Vortical structures and associated instabilities of appended Athena wetted transom flow in full-scale conditions are studied using DES to explain the source of dominant transom flow frequency, including verification and validation using full-scale experimental data. The results are also compared with model-scale bare and appended hull predictions and experiments. The grid used for the validation is sufficiently fine as it resolves 70% and 91% of the experimental inertial subrange and turbulent kinetic energy values, respectively. The model-scale bare and appended hull resistance predictions compare within 2.5%D and 5.4%D of the experimental data D, respectively. The full-scale appended hull resistance predictions compare within 4.2%D of the extrapolated data using the ITTC line. The averaged comparison error of the full-scale transom wave elevation mean, RMS and dominant frequency predictions and the experimental data is 8.1%D, and the predictions are validated at an averaged 11.2%D interval. The transom wave elevation unsteadiness is attributed to the Karman-like transom vortex shedding as both show the same dominant frequency.

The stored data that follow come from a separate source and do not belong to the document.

-- ===== src/Server/Respond.antt =====
-- src/server/server.cc: RespondToAll, on the requests that wait.
use plug_in_ml.Base.{
  ℕ, zero, suc, ◌≡◌, refl, sym, ap, ◌∙◌, some, none, List, [], ◌∷◌, ◌++◌, ℤ, ◌-ℤ◌, ◌<ℤ◌, at,
  at-negative, get_elem?, get_elem?-lt, length, All, All-map, for, arith, -ℤ_parts, Option-cases,
  inl, inr,
}
use mathlib.Core.List.{append_assoc, append-nil}
use plug_in_ml.Message.{Message}
use plug_in_ml.Communicator.{send}
use plug_in_ml.Server.PullInfo
use plug_in_ml.Server.PullInfo.{PullInfo}
use plug_in_ml.Server.State.{Server}
use plug_in_ml.Server.Pull.{
  key_value_reply, add_entry, read_blocked, respond_to, respond_each, respond_to_all,
}
use plug_in_ml.Server.Answers.{Answers, Readable, entries_loop, entries_stop}

module _ {F : Type 0} where
  -- A waiting request that can be answered.
  pub record IsRequest (s : Server F) (p : PullInfo) : Type 0 where
    pub counted : p.length_field ≡ length p.keys
    pub readable : All (Readable (read_blocked s)) p.keys

  -- One reply for each request, in order, to the agent that asked, with its keys and their values.
  abbrev pub Replies : Server F → List PullInfo → List (ℤ × Message F) → Type 0
  Replies s [] [] = Unit
  Replies s [] (m ∷ ms) = ⊥
  Replies s (p ∷ ps) [] = ⊥
  Replies s (p ∷ ps) ((dst, msg) ∷ ms) =
      ((values : List F) × (dst ≡ p.id)
        × (msg ≡ key_value_reply s.local_id p.id p.keys values)
        × Answers (read_blocked s) p.keys values)
      × Replies s ps ms

  respond_to_lem :
      (s : Server F) (p : PullInfo)
      → IsRequest s p
      → (values : List F) × (respond_to s p ≡ some (key_value_reply s.local_id p.id p.keys values))
        × Answers (read_blocked s) p.keys values
  unfolding respond_to PullInfo.size PullInfo.key_at
  respond_to_lem s p v =
      let loop = entries_loop (read_blocked s) p.keys p.keys 0 [] [] refl v.readable in
      let counted =
        ap (λ n. for n 0 (add_entry (get_elem? p.keys) (read_blocked s)) ([], [])) v.counted
        ∙ loop.1 in
      (loop.0, ground (arith, counted), loop.2)

  -- The server with no request waiting and these messages sent.
  abbrev pub answered : Server F → List (ℤ × Message F) → Server F
  answered s sent = record s { pull_request = []; sender = record s.sender { sent = sent } }

  respond_each_lem :
      (s : Server F) (ps : List PullInfo)
      → All (IsRequest s) ps
      → (replies : List (ℤ × Message F)) × (respond_each s ps
          ≡ some (answered s (s.sender.sent ++ replies)))
        × Replies s ps replies
  unfolding respond_each read_blocked send
  respond_each_lem s [] h = ([], ap (λ l. some (answered s l)) (sym (append-nil s.sender.sent)), tt)
  respond_each_lem s (p ∷ ps) h =
      let one = respond_to_lem s p h.0 in
      let reply = key_value_reply s.local_id p.id p.keys one.0 in
      let s' = record s { pull_request = ps; sender = send p.id reply s.sender } in
      let rest = respond_each_lem s' ps (
        All-map (IsRequest s) (IsRequest s')
          (λ q v. record { counted = v.counted; readable = v.readable }) ps h.1) in
      (
        (p.id, reply) ∷ rest.0,
        rw one.1 (
            rest.1
            ∙ ap (λ l. some (answered s l))
                (append_assoc s.sender.sent ((p.id, reply) ∷ []) rest.0)),
        ((one.0, refl, refl, one.2), rest.2),
      )

  -- `RespondToAll` with requests that can all be answered: no request is left waiting, and one
  -- reply for each has been sent, in the order in which they waited, to the agent that asked, with
  -- the keys asked for and for each the parameter at the key's distance from the start.
  pub respond_to_all_lem :
      (s : Server F)
      → All (IsRequest s) s.pull_request
      → (replies : List (ℤ × Message F)) × (respond_to_all s
          ≡ some (answered s (s.sender.sent ++ replies)))
        × Replies s s.pull_request replies
  unfolding respond_to_all
  respond_to_all_lem s h = respond_each_lem s s.pull_request h

  respond_to_stop :
      (s : Server F) (p : PullInfo) (j : ℕ) (key : ℤ)
      → p.length_field ≡ length p.keys
      → get_elem? p.keys j ≡ some key
      → key <ℤ s.start_key
      → respond_to s p ≡ none
  unfolding respond_to PullInfo.size PullInfo.key_at read_blocked
  respond_to_stop s p j key counted e below =
      let unread : at s.parameters (key -ℤ s.start_key) ≡ none =
        at-negative s.parameters (key -ℤ s.start_key) (omega (arith, -ℤ_parts key s.start_key)) in
      rw
        (entries_stop (read_blocked s) p.keys j key e unread p.length_field 0 ([], []) (omega arith)
          (omega (arith, get_elem?-lt p.keys j key e)))
        refl

  respond_each_stop :
      (s : Server F) (ps : List PullInfo) (i : ℕ) (p : PullInfo) (j : ℕ) (key : ℤ)
      → get_elem? ps i ≡ some p
      → p.length_field ≡ length p.keys
      → get_elem? p.keys j ≡ some key
      → key <ℤ s.start_key
      → respond_each s ps ≡ none
  unfolding respond_each send
  respond_each_stop s [] i p j key f counted e below = cc
  respond_each_stop s (q ∷ ps) zero p j key f counted e below =
      let same : q ≡ p = cc in
      rw (ap (respond_to s) same ∙ respond_to_stop s p j key counted e below)
  respond_each_stop s (q ∷ ps) (suc i) p j key f counted e below =
      elim (Option-cases (respond_to s q)) [
        | inl stop ↦ rw stop
        | inr (reply, step) ↦ rw step (
            respond_each_stop (record s { pull_request = ps; sender = send q.id reply s.sender }) ps
              i p j key f counted e below)
      ]

  -- A waiting request with a key below the start of this server's segment, as the last server
  -- holds them behind the end of the key range, makes `RespondToAll` read outside the parameters.
  pub respond_to_all_out_of_range :
      (s : Server F) (i : ℕ) (p : PullInfo) (j : ℕ) (key : ℤ)
      → get_elem? s.pull_request i ≡ some p
      → p.length_field ≡ length p.keys
      → get_elem? p.keys j ≡ some key
      → key <ℤ s.start_key
      → respond_to_all s ≡ none
  unfolding respond_to_all
  respond_to_all_out_of_range s i p j key f counted e below =
      respond_each_stop s s.pull_request i p j key f counted e below
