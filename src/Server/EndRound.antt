-- ===== src/Server/EndRound.antt =====
-- src/server/server.cc: the second half of ServePush, the end of a round.
use plug_in_ml.Base.{
  ℕ, suc, true, ◌==◌, ◌≤◌, ◌+◌, ◌-◌, ◌%◌, ◌<◌, ◌≡◌, ◌≢◌, refl, ap, ◌∙◌, some, List, [], ◌∷◌, ◌++◌,
  map, ℤ, ◌-ℤ◌, at-some, get_elem?, get_elem?-some, length, tail, All, All-map, for_total, arith,
}
use native.Mathlib.Nat.{zero-mod}
use plug_in_ml.Floats.{FloatOps, zero_value, add_value, div_value}
use plug_in_ml.Message.{Message}
use plug_in_ml.Communicator.{Sender, send}
use plug_in_ml.Server.KeyValueList.{KeyValueList}
use plug_in_ml.Server.PullInfo.{PullInfo}
use plug_in_ml.Server.State.{Server}
use plug_in_ml.Server.Pull.{read_blocked}
use plug_in_ml.Server.Backup.{predecessor, backup_request, request_backup_from, request_backup}
use plug_in_ml.Server.Push.{end_round, finish_round}
use plug_in_ml.Server.Average.{InSegment, IsUpdate, HasUpdate, total_fronts, update_parameter_lem}
use plug_in_ml.Server.Answers.{Readable}
use plug_in_ml.Server.Respond.{IsRequest, answered, respond_to_all_lem}
use plug_in_ml.Server.Rounds.{
  count_longer, tally-shift_pos, tally-first, count_longer-All, AtMost-tail,
}
use plug_in_ml.Server.Store.{Waits, IsFilled}

module _ {F : Type 0} where
  InSegment-Readable :
      (s : Server F) (key : ℤ)
      → length s.parameters ≡ s.parameter_length
      → InSegment s.start_key s.parameter_length key
      → Readable (read_blocked s) key
  unfolding read_blocked
  InSegment-Readable s key sized i =
      at-some s.parameters (key -ℤ s.start_key) i.from_start (omega (arith, i.below_end))

  pub Waits-IsRequest :
      (s : Server F) (p : PullInfo)
      → length s.parameters ≡ s.parameter_length
      → Waits s.start_key s.parameter_length p
      → IsRequest s p
  Waits-IsRequest s p sized w = record {
    counted = w.counted;
    readable =
        All-map (InSegment s.start_key s.parameter_length) (Readable (read_blocked s))
          (λ key i. InSegment-Readable s key sized i) p.keys w.inside;
  }

  has_updates :
      (start : ℤ) (len : ℕ) (buffers : List (List (KeyValueList F)))
      → All (All (IsUpdate start len)) buffers
      → All (λ q. 0 < length q) buffers
      → All (HasUpdate start len) buffers
  has_updates start len [] u h = tt
  has_updates start len ([] ∷ qs) u h = absurd (omega arith)
  has_updates start len ((x ∷ q) ∷ qs) u h = (u.0.0, has_updates start len qs u.1 h.1)

  updates-tail :
      (start : ℤ) (len : ℕ) (buffers : List (List (KeyValueList F)))
      → All (All (IsUpdate start len)) buffers
      → All (All (IsUpdate start len)) (map tail buffers)
  updates-tail start len [] u = tt
  updates-tail start len ([] ∷ qs) u = (u.0, updates-tail start len qs u.1)
  updates-tail start len ((x ∷ q) ∷ qs) u = (u.0.1, updates-tail start len qs u.1)

  length-map-tail : (qs : List (List (KeyValueList F))) → length (map tail qs) ≡ length qs
  length-map-tail [] = refl
  length-map-tail (q ∷ qs) = ap suc (length-map-tail qs)

  abbrev with_sender : Server F → Sender (Message F) → Server F
  with_sender s c = record s { sender = c }

  backup_round :
      (s : Server F) (i : ℕ) (t : Server F)
      → length s.server_ids ≡ s.server_num
      → s.backup_size < s.server_num
      → i ≤ s.backup_size
      → (c : Sender (Message F)) × (t ≡ with_sender s c)
      → (t' : Server F) × (request_backup_from i t ≡ some t')
        × ((c : Sender (Message F)) × (t' ≡ with_sender s c))
  unfolding request_backup_from predecessor
  backup_round s i t peers copies near (c, e) =
      let within : (i - (s.local_index + s.server_num)) % s.server_num ≡ 0 =
        ap (λ k. k % s.server_num) (omega arith) ∙ zero-mod s.server_num in
      let none_below : ((i - (s.local_index + s.server_num)) % s.server_num == 0) ≡ true =
        ground (arith, within) in
      let id =
        get_elem?-some s.server_ids ((s.local_index + s.server_num - i) % s.server_num)
          (omega arith) in
      let c' = send id.0 (backup_request s.local_id id.0) c in
      (with_sender s c', rw e (rw (none_below, id.1)), (c', refl))

  -- `RequestBackup` succeeds where every predecessor is in the list of servers, and only sends.
  pub request_backup_lem :
      (s : Server F)
      → length s.server_ids ≡ s.server_num
      → s.backup_size < s.server_num
      → (s' : Server F) × (request_backup s ≡ some s')
        × ((c : Sender (Message F)) × (s' ≡ with_sender s c))
  unfolding request_backup
  request_backup_lem s peers copies =
      for_total (λ i t. (c : Sender (Message F)) × (t ≡ with_sender s c)) request_backup_from 1
        (1 + s.backup_size) (λ i t lo hi p. backup_round s i t peers copies (omega arith) p)
        s.backup_size 1 s (omega arith) refl (s.sender, refl)

module _ {F : Type 0} ⦃ops : FloatOps F⦄ where
  -- The server after a finished round, but for what was sent.
  abbrev pub next_version : Server F → List F → List ℕ → Sender (Message F) → Server F
  next_version s parameters counts c = record s {
    sender = c;
    parameters = parameters;
    version_buffer = map tail s.version_buffer;
    finish_count = counts;
    bottom_version = suc s.bottom_version;
    pull_request = [];
  }

  -- Each parameter plus the average of the updates at the front of the buffers.
  abbrev pub Averages : Server F → List F → Type 0
  Averages s parameters =
      (x : ℕ) (p : F)
      → get_elem? s.parameters x ≡ some p
      → get_elem? parameters x
        ≡ some (
            add_value p
              (div_value (total_fronts s.start_key x s.version_buffer zero_value) s.agent_num))

  pub end_round_lem :
      (s : Server F)
      → IsFilled s
      → count_longer 0 s.version_buffer ≡ s.agent_num
      → (counts : List ℕ)
      → (parameters : List F) × (c : Sender (Message F)) × (end_round
            (record s { finish_count = counts })
          ≡ some (next_version s parameters counts c))
        × (length parameters ≡ s.parameter_length)
        × Averages s parameters
  unfolding end_round
  end_round_lem s v all counts =
      let ready =
        has_updates s.start_key s.parameter_length s.version_buffer v.updates
          (count_longer-All s.version_buffer (omega (arith, v.agents))) in
      let updated =
        update_parameter_lem (record s { finish_count = counts }) v.agents v.sized ready in
      let s₁ = record s {
        finish_count = counts;
        version_buffer = map tail s.version_buffer;
        parameters = updated.0;
        bottom_version = suc s.bottom_version;
      } in
      let replied = respond_to_all_lem s₁ (
        All-map (Waits s.start_key s.parameter_length) (IsRequest s₁)
          (λ p w. Waits-IsRequest s₁ p updated.2 w) s.pull_request v.requests) in
      let asked = request_backup_lem (answered s₁ (s.sender.sent ++ replied.0)) v.peers v.copies in
      (
        updated.0,
        asked.2.0,
        rw (updated.1, replied.1) (asked.1 ∙ ap some asked.2.1),
        updated.2,
        updated.3,
      )

  pub next-IsFilled :
      (s : Server F) (parameters : List F) (c : Sender (Message F))
      → IsFilled s
      → length parameters ≡ s.parameter_length
      → IsFilled (next_version s parameters (tail s.finish_count ++ 0 ∷ []) c)
  next-IsFilled s parameters c v sized = record {
    bound_pos = v.bound_pos;
    agents = length-map-tail s.version_buffer ∙ v.agents;
    counts =
        ap (λ l. tail l ++ 0 ∷ []) v.counts
        ∙ tally-shift_pos s.consistency_bound s.version_buffer v.bound_pos v.full;
    full = AtMost-tail s.consistency_bound s.version_buffer v.full;
    updates = updates-tail s.start_key s.parameter_length s.version_buffer v.updates;
    sized = sized;
    requests = tt;
    peers = v.peers;
    copies = v.copies;
    indexed = v.indexed;
    known = v.known;
  }

  pub finish_round_early :
      (s : Server F)
      → IsFilled s
      → count_longer 0 s.version_buffer ≢ s.agent_num
      → finish_round s ≡ some s
  unfolding finish_round
  finish_round_early s v early =
      let first =
        ap (λ l. get_elem? l 0) v.counts
        ∙ tally-first s.consistency_bound s.version_buffer v.bound_pos in
      rw first (ground (arith, early))

  pub finish_round_last :
      (s : Server F)
      → IsFilled s
      → count_longer 0 s.version_buffer ≡ s.agent_num
      → finish_round s ≡ end_round (record s { finish_count = tail s.finish_count ++ 0 ∷ [] })
  unfolding finish_round
  finish_round_last s v all =
      let first =
        ap (λ l. get_elem? l 0) v.counts
        ∙ tally-first s.consistency_bound s.version_buffer v.bound_pos in
      rw first (ground (arith, all))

The Karman-like instability shows St = 0.148 for the bare hull and St = 0.103 ± 4.4% for model- and full-scale appended hull. The appended hull simulations also predict: horseshoe vortices at the juncture of rudder-hull with St = 0.146 ± 3.9% and strut-hull with St = 0.053 ± 2%; shear layer instability at the strut-hull intersection with St = 0.0067 ± 3%; and unsteady sinkage and trim induced by transom vortex shedding with St = 2.19. The instabilities do not show significant variation on scale, propeller or motions. The bare hull simulation also predicts flapping-like instability in the wake with St = 0.144.